-- ===== src/Accounts.antt =====
-- core/account_store.py: the accounts of the command line. The keyring is a backend of any kind with
-- three operations that may raise; its state is of any type `K`. What `_save` writes is the data
-- that the store holds, so the file is not modelled; an operation that raises saves nothing. A call of
-- the keyring that raises leaves it as it was; add has the keyring in its result where it raises.
pub mod Refs
pub mod Credentials
pub mod Files
pub mod Default
pub mod Resolve
use Prim.Native.Char.{Char, code}
use funding_tool.Prelude.{
  Bool, true, false, not, ◌&&◌, ◌||◌, ◌==◌, str_eq, if◌then◌else◌, String, Option, none, some, List,
  [], ◌∷◌, ◌++◌,
}
use funding_tool.Errors.{
  Result, ok, err, config_error, missing_credentials_error, plaintext_fallback_required,
  assertion_error, ◌>>=◌,
}
use funding_tool.Models.{ApiCredentials}

-- KeyringBackend
pub record Keyring (K : Type 0) : Type 0 where
  pub get_password : K → String → String → Result (Option String)
  pub set_password : K → String → String → String → Result K
  pub delete_password : K → String → String → Result K

-- api_key_ref and secret_ref, or api_key and api_secret of the plaintext fallback.
pub data Secrets : Type 0 where
  refs plain : String → String → Secrets

pub record Account : Type 0 where
  pub exchange : String
  pub created_at : String
  pub permissions_verified_at : Option String
  pub secrets : Secrets

-- self._data, and the state of the keyring.
pub record Store (K : Type 0) : Type 0 where
  pub default : Option String
  pub accounts : List (String × Account)
  pub keyring : K

unfoldable pub append : String → String → String
append String.[] t = t
append (String.◌∷◌ c s) t = String.◌∷◌ c (append s t)

abbrev pub is_colon : Char → Bool
is_colon c = code c == b':'

unfoldable pub has_colon : String → Bool
has_colon String.[] = false
has_colon (String.◌∷◌ c s) = is_colon c || has_colon s

-- body.rpartition(":"): what stands before the last colon, and behind it.
unfoldable pub rpartition : String → String × String
rpartition String.[] = ("", "")
rpartition (String.◌∷◌ c s) =
    let (before, behind) = rpartition s in
    if has_colon s
    then (String.◌∷◌ c before, behind)
    else if is_colon c
    then ("", s)
    else ("", String.◌∷◌ c s)

-- f"{_SERVICE_PREFIX}/{name}"
unfoldable pub service_of : String → String
service_of name = append "funding-tool/" name

unfoldable pub keyring_ref : String → String → String
keyring_ref name kind = append "keyring:" (append (service_of name) (append ":" kind))

-- The text behind a prefix.
unfoldable pub strip_prefix : String → String → Option String
strip_prefix String.[] s = some s
strip_prefix (String.◌∷◌ c p) String.[] = none
strip_prefix (String.◌∷◌ c p) (String.◌∷◌ d s) =
    let rest = strip_prefix p s in if code c == code d then rest else none

unfoldable pub parsed : Option String → Result (String × String)
parsed none = err assertion_error
parsed (some body) = ok (rpartition body)

unfoldable pub keyring_parse : String → Result (String × String)
keyring_parse ref = parsed (strip_prefix "keyring:" ref)

unfoldable pub find : String → List (String × Account) → Option Account
find name [] = none
find name ((n, a) ∷ as') = if str_eq n name then some a else find name as'

unfoldable pub without : String → List (String × Account) → List (String × Account)
without name [] = []
without name ((n, a) ∷ as') =
    let rest = without name as' in if str_eq n name then rest else (n, a) ∷ rest

unfoldable pub succeeds : {A : Type 0} → Result A → Bool
succeeds (ok a) = true
succeeds (err e) = false

-- contextlib.suppress(Exception)
unfoldable pub suppress : {K : Type 0} → K → Result K → K
suppress k (ok k') = k'
suppress k (err e) = k

-- The default after an account is added, and after one is removed.
unfoldable pub default_with : String → Option String → Option String
default_with name none = some name
default_with name (some d) = some d

unfoldable pub first_name : List (String × Account) → Option String
first_name [] = none
first_name ((n, a) ∷ as') = some n

unfoldable pub default_without : String → Option String → List (String × Account) → Option String
default_without name none remaining = none
default_without name (some d) remaining = if str_eq d name then first_name remaining else some d

unfoldable pub set_default : {K : Type 0} → String → Store K → Result (Store K)
set_default name st = elim (find name st.accounts) [
  | none ↦ err config_error
  | some a ↦ ok (record st { default = some name })
]

module _ {K : Type 0} (kr : Keyring K) where
  unfoldable pub keyring_available : K → Bool
  keyring_available k = succeeds (kr.get_password k "funding-tool" "__probe__")

  -- Behind the second set_password, and behind the first one.
  unfoldable pub after_secret : String → K → Result K → Result Secrets × K
  after_secret name k1 (ok k2) =
      (ok (refs (keyring_ref name "key") (keyring_ref name "secret")), k2)
  after_secret name k1 (err e) = (err e, k1)

  unfoldable pub after_key : String → ApiCredentials → K → Result K → Result Secrets × K
  after_key name c k (ok k1) =
      after_secret name k1 (kr.set_password k1 (service_of name) "secret" c.api_secret)
  after_key name c k (err e) = (err e, k)

  -- What an account keeps of its credentials, and the keyring behind it.
  unfoldable pub secrets_for : String → ApiCredentials → Bool → K → Result Secrets × K
  secrets_for name c allow_plaintext k =
      if keyring_available k
      then after_key name c k (kr.set_password k (service_of name) "key" c.api_key)
      else if not allow_plaintext
      then (err plaintext_fallback_required, k)
      else (ok (plain c.api_key c.api_secret), k)

  -- The store with a new account, once its secrets are kept.
  unfoldable pub entered :
      String → (Secrets → Account) → Store K → Result Secrets × K → Result (Unit {0}) × Store K
  entered name entry st (ok s, k) = (
    ok tt,
    record {
      default = default_with name st.default;
      accounts = st.accounts ++ (name, entry s) ∷ [];
      keyring = k;
    },
  )
  entered name entry st (err e, k) = (err e, record st { keyring = k })

  -- `created_at` and `verified_at` are the texts of the clock's readings.
  unfoldable pub add :
      String
      → String
      → ApiCredentials
      → String
      → Option String
      → Bool
      → Store K
      → Result (Unit {0}) × Store K
  add name exchange c created_at verified_at allow_plaintext st = elim (find name st.accounts) [
    | some a ↦ (err config_error, st)
    | none ↦
        entered name
          (λ s. record {
            exchange = exchange;
            created_at = created_at;
            permissions_verified_at = verified_at;
            secrets = s;
          })
          st (secrets_for name c allow_plaintext st.keyring)
  ]

  -- One reference of a removed account: an empty one is skipped.
  unfoldable pub delete_ref : String → K → Result K
  delete_ref ref k =
      if str_eq ref ""
      then ok k
      else (keyring_parse ref >>= λ r. ok (suppress k (kr.delete_password k r.0 r.1)))

  unfoldable pub delete_secrets : Secrets → K → Result K
  delete_secrets (plain key secret) k = ok k
  delete_secrets (refs key secret) k = delete_ref key k >>= λ k1. delete_ref secret k1

  unfoldable pub remove : String → Store K → Result (Store K)
  remove name st = elim (find name st.accounts) [
    | none ↦ err config_error
    | some a ↦
        let rest = without name st.accounts in
        delete_secrets a.secrets st.keyring >>= λ k.
        ok (record { default = default_without name st.default rest; accounts = rest; keyring = k })
  ]

  -- Both passwords, if neither is missing or empty.
  unfoldable pub both_present : Option String → Option String → Result ApiCredentials
  both_present (some key) (some secret) =
      if str_eq key "" || str_eq secret ""
      then err missing_credentials_error
      else ok (record { api_key = key; api_secret = secret; passphrase = none })
  both_present _ _ = err missing_credentials_error

  unfoldable pub read_secrets : K → Secrets → Result ApiCredentials
  read_secrets k (plain key secret) =
      ok (record { api_key = key; api_secret = secret; passphrase = none })
  read_secrets k (refs key secret) = keyring_parse key >>= λ a. keyring_parse secret >>= λ b.
      kr.get_password k a.0 a.1 >>= λ api_key.
      kr.get_password k b.0 b.1 >>= λ api_secret. both_present api_key api_secret

  unfoldable pub get_credentials : String → Store K → Result ApiCredentials
  get_credentials name st = elim (find name st.accounts) [
    | none ↦ err config_error
    | some a ↦ read_secrets st.keyring a.secrets
  ]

☆ ☆ ☆ ☆ ☆ ☆ ☆

> _What needs to be done_:
Would you please filter the lines above and copy every one that includes "suppress"?

> _Result for this exercise_:
-- contextlib.suppress(Exception)
unfoldable pub suppress : {K : Type 0} → K → Result K → K
suppress k (ok k') = k'
suppress k (err e) = k
      else (keyring_parse ref >>= λ r. ok (suppress k (kr.delete_password k r.0 r.1)))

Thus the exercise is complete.